## Exercise instructions
Repeat every entry exactly. Leave nothing out.

## Material provided
-- ===== src/Books/Transactions.antt =====
-- A transaction that is created, given its postings, and marked posted.
use mathlib.Core.Bool.{false≢true}
use mathlib.Core.Option
use monierave.Base.{
  ◌≤◌, ◌≡◌, refl, ◌≢◌, true, false, List, [], ◌∷◌, ◌++◌, none, some, pos, ap, sym, ◌∙◌, arith, ◌==◌,
  ==_iff, if◌then◌else◌, UniqueKeys, UniqueKeys-append, UniqueKeys-update_where,
  by_key-update_where, by_key-key, find_first, find_first-append, update_where, none_ne_some,
  Bool-cases, Option-cases, inl, inr, not_equal,
}
use monierave.Models.{Uuid, Time, BankingTransaction, LedgerPosting, is_pending}
use monierave.Queries.Ledger.{transaction_by_id, postable, as_posted}
use monierave.Books.Sums.{posting_sum, posting_count}
use monierave.Books.Invariant.{transaction_key, BalancedTransactions, KnownPostings}

abbrev pub posted_into :
    Time → List BankingTransaction → BankingTransaction → List BankingTransaction
posted_into now rows t = update_where (postable t.id) (as_posted now) (rows ++ t ∷ [])

module _ (now : Time) (rows : List BankingTransaction) (t : BankingTransaction)
    (fresh : transaction_by_id t.id rows ≡ none) where
  abbrev after_posting : List BankingTransaction
  after_posting = posted_into now rows t

  pub UniqueKeys-after_posting :
      UniqueKeys transaction_key rows → UniqueKeys transaction_key (posted_into now rows t)
  UniqueKeys-after_posting u =
      UniqueKeys-update_where transaction_key (postable t.id) (as_posted now) (rows ++ t ∷ [])
        (λ x. refl) (UniqueKeys-append transaction_key rows t fresh u)

  lookup_after :
      (v : Uuid)
      → transaction_by_id v after_posting
        ≡ Option.map
            (λ x. if postable t.id x then as_posted now x else x)
            (transaction_by_id v (rows ++ t ∷ []))
  lookup_after v =
      by_key-update_where transaction_key v (postable t.id) (as_posted now) (rows ++ t ∷ [])
        (λ x. refl)

  -- Any other transaction is as it was.
  pub transaction_by_id-other :
      (v : Uuid)
      → v ≢ t.id
      → transaction_by_id v (posted_into now rows t) ≡ transaction_by_id v rows
  unfolding find_first
  transaction_by_id-other v ne = elim (Option-cases (transaction_by_id v rows)) [
    | inl missing ↦
        lookup_after v
        ∙ rw (find_first-append (λ x. x.id == v) rows (t ∷ []), missing)
            (rw (not_equal t.id v (λ e. ne (sym e))))
    | inr (x, found) ↦
        let idx : x.id ≡ v = by_key-key transaction_key v rows x found in
        let miss : postable t.id x ≡ false = ground arith in
        lookup_after v ∙ rw (find_first-append (λ x. x.id == v) rows (t ∷ []), found) (rw miss)
  ]

  -- The transaction itself is posted, from the moment of the commit's clock.
  pub transaction_by_id_self :
      is_pending t.status ≡ true
      → transaction_by_id t.id (posted_into now rows t) ≡ some (as_posted now t)
  unfolding find_first
  transaction_by_id_self waiting =
      lookup_after t.id
      ∙ rw (find_first-append (λ x. x.id == t.id) rows (t ∷ []), fresh)
          (rw ((==_iff t.id t.id).1 refl) (ground arith))

  module _ (ps qs : List LedgerPosting)
      (others : (v : Uuid)
        → v ≢ t.id
        → (posting_sum v qs ≡ posting_sum v ps) × (posting_count v qs ≡ posting_count v ps)) where
    pub BalancedTransactions-after_posting :
        posting_sum t.id qs ≡ pos 0
        → 2 ≤ posting_count t.id qs
        → BalancedTransactions rows ps
        → BalancedTransactions (posted_into now rows t) qs
    BalancedTransactions-after_posting zero_total enough h v x e s = elim (Bool-cases (v == t.id)) [
      | inl same ↦
          let here = (==_iff v t.id).0 same in
          (ap (λ k. posting_sum k qs) here ∙ zero_total, rw here enough)
      | inr other ↦
          let ne : v ≢ t.id = λ q. false≢true (sym other ∙ (==_iff v t.id).1 q) in
          let old = h v x (sym (transaction_by_id-other v ne) ∙ e) s in
          (rw ((others v ne).0) old.0, rw ((others v ne).1) old.1)
    ]

    pub KnownPostings-after_posting :
        is_pending t.status ≡ true
        → KnownPostings rows ps
        → KnownPostings (posted_into now rows t) qs
    KnownPostings-after_posting waiting h v e = elim (Bool-cases (v == t.id)) [
      | inl same ↦
          let here = (==_iff v t.id).0 same in
          absurd (
            none_ne_some (
              sym e
              ∙ ap (λ k. transaction_by_id k after_posting) here
              ∙ transaction_by_id_self waiting))
      | inr other ↦
          let ne : v ≢ t.id = λ q. false≢true (sym other ∙ (==_iff v t.id).1 q) in
          (others v ne).1 ∙ h v (sym (transaction_by_id-other v ne) ∙ e)
    ]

## Expected answer
-- ===== src/Books/Transactions.antt =====
-- A transaction that is created, given its postings, and marked posted.
use mathlib.Core.Bool.{false≢true}
use mathlib.Core.Option
use monierave.Base.{
  ◌≤◌, ◌≡◌, refl, ◌≢◌, true, false, List, [], ◌∷◌, ◌++◌, none, some, pos, ap, sym, ◌∙◌, arith, ◌==◌,
  ==_iff, if◌then◌else◌, UniqueKeys, UniqueKeys-append, UniqueKeys-update_where,
  by_key-update_where, by_key-key, find_first, find_first-append, update_where, none_ne_some,
  Bool-cases, Option-cases, inl, inr, not_equal,
}
use monierave.Models.{Uuid, Time, BankingTransaction, LedgerPosting, is_pending}
use monierave.Queries.Ledger.{transaction_by_id, postable, as_posted}
use monierave.Books.Sums.{posting_sum, posting_count}
use monierave.Books.Invariant.{transaction_key, BalancedTransactions, KnownPostings}

abbrev pub posted_into :
    Time → List BankingTransaction → BankingTransaction → List BankingTransaction
posted_into now rows t = update_where (postable t.id) (as_posted now) (rows ++ t ∷ [])

module _ (now : Time) (rows : List BankingTransaction) (t : BankingTransaction)
    (fresh : transaction_by_id t.id rows ≡ none) where
  abbrev after_posting : List BankingTransaction
  after_posting = posted_into now rows t

  pub UniqueKeys-after_posting :
      UniqueKeys transaction_key rows → UniqueKeys transaction_key (posted_into now rows t)
  UniqueKeys-after_posting u =
      UniqueKeys-update_where transaction_key (postable t.id) (as_posted now) (rows ++ t ∷ [])
        (λ x. refl) (UniqueKeys-append transaction_key rows t fresh u)

  lookup_after :
      (v : Uuid)
      → transaction_by_id v after_posting
        ≡ Option.map
            (λ x. if postable t.id x then as_posted now x else x)
            (transaction_by_id v (rows ++ t ∷ []))
  lookup_after v =
      by_key-update_where transaction_key v (postable t.id) (as_posted now) (rows ++ t ∷ [])
        (λ x. refl)

  -- Any other transaction is as it was.
  pub transaction_by_id-other :
      (v : Uuid)
      → v ≢ t.id
      → transaction_by_id v (posted_into now rows t) ≡ transaction_by_id v rows
  unfolding find_first
  transaction_by_id-other v ne = elim (Option-cases (transaction_by_id v rows)) [
    | inl missing ↦
        lookup_after v
        ∙ rw (find_first-append (λ x. x.id == v) rows (t ∷ []), missing)
            (rw (not_equal t.id v (λ e. ne (sym e))))
    | inr (x, found) ↦
        let idx : x.id ≡ v = by_key-key transaction_key v rows x found in
        let miss : postable t.id x ≡ false = ground arith in
        lookup_after v ∙ rw (find_first-append (λ x. x.id == v) rows (t ∷ []), found) (rw miss)
  ]

  -- The transaction itself is posted, from the moment of the commit's clock.
  pub transaction_by_id_self :
      is_pending t.status ≡ true
      → transaction_by_id t.id (posted_into now rows t) ≡ some (as_posted now t)
  unfolding find_first
  transaction_by_id_self waiting =
      lookup_after t.id
      ∙ rw (find_first-append (λ x. x.id == t.id) rows (t ∷ []), fresh)
          (rw ((==_iff t.id t.id).1 refl) (ground arith))

  module _ (ps qs : List LedgerPosting)
      (others : (v : Uuid)
        → v ≢ t.id
        → (posting_sum v qs ≡ posting_sum v ps) × (posting_count v qs ≡ posting_count v ps)) where
    pub BalancedTransactions-after_posting :
        posting_sum t.id qs ≡ pos 0
        → 2 ≤ posting_count t.id qs
        → BalancedTransactions rows ps
        → BalancedTransactions (posted_into now rows t) qs
    BalancedTransactions-after_posting zero_total enough h v x e s = elim (Bool-cases (v == t.id)) [
      | inl same ↦
          let here = (==_iff v t.id).0 same in
          (ap (λ k. posting_sum k qs) here ∙ zero_total, rw here enough)
      | inr other ↦
          let ne : v ≢ t.id = λ q. false≢true (sym other ∙ (==_iff v t.id).1 q) in
          let old = h v x (sym (transaction_by_id-other v ne) ∙ e) s in
          (rw ((others v ne).0) old.0, rw ((others v ne).1) old.1)
    ]

    pub KnownPostings-after_posting :
        is_pending t.status ≡ true
        → KnownPostings rows ps
        → KnownPostings (posted_into now rows t) qs
    KnownPostings-after_posting waiting h v e = elim (Bool-cases (v == t.id)) [
      | inl same ↦
          let here = (==_iff v t.id).0 same in
          absurd (
            none_ne_some (
              sym e
              ∙ ap (λ k. transaction_by_id k after_posting) here
              ∙ transaction_by_id_self waiting))
      | inr other ↦
          let ne : v ≢ t.id = λ q. false≢true (sym other ∙ (==_iff v t.id).1 q) in
          (others v ne).1 ∙ h v (sym (transaction_by_id-other v ne) ∙ e)
    ]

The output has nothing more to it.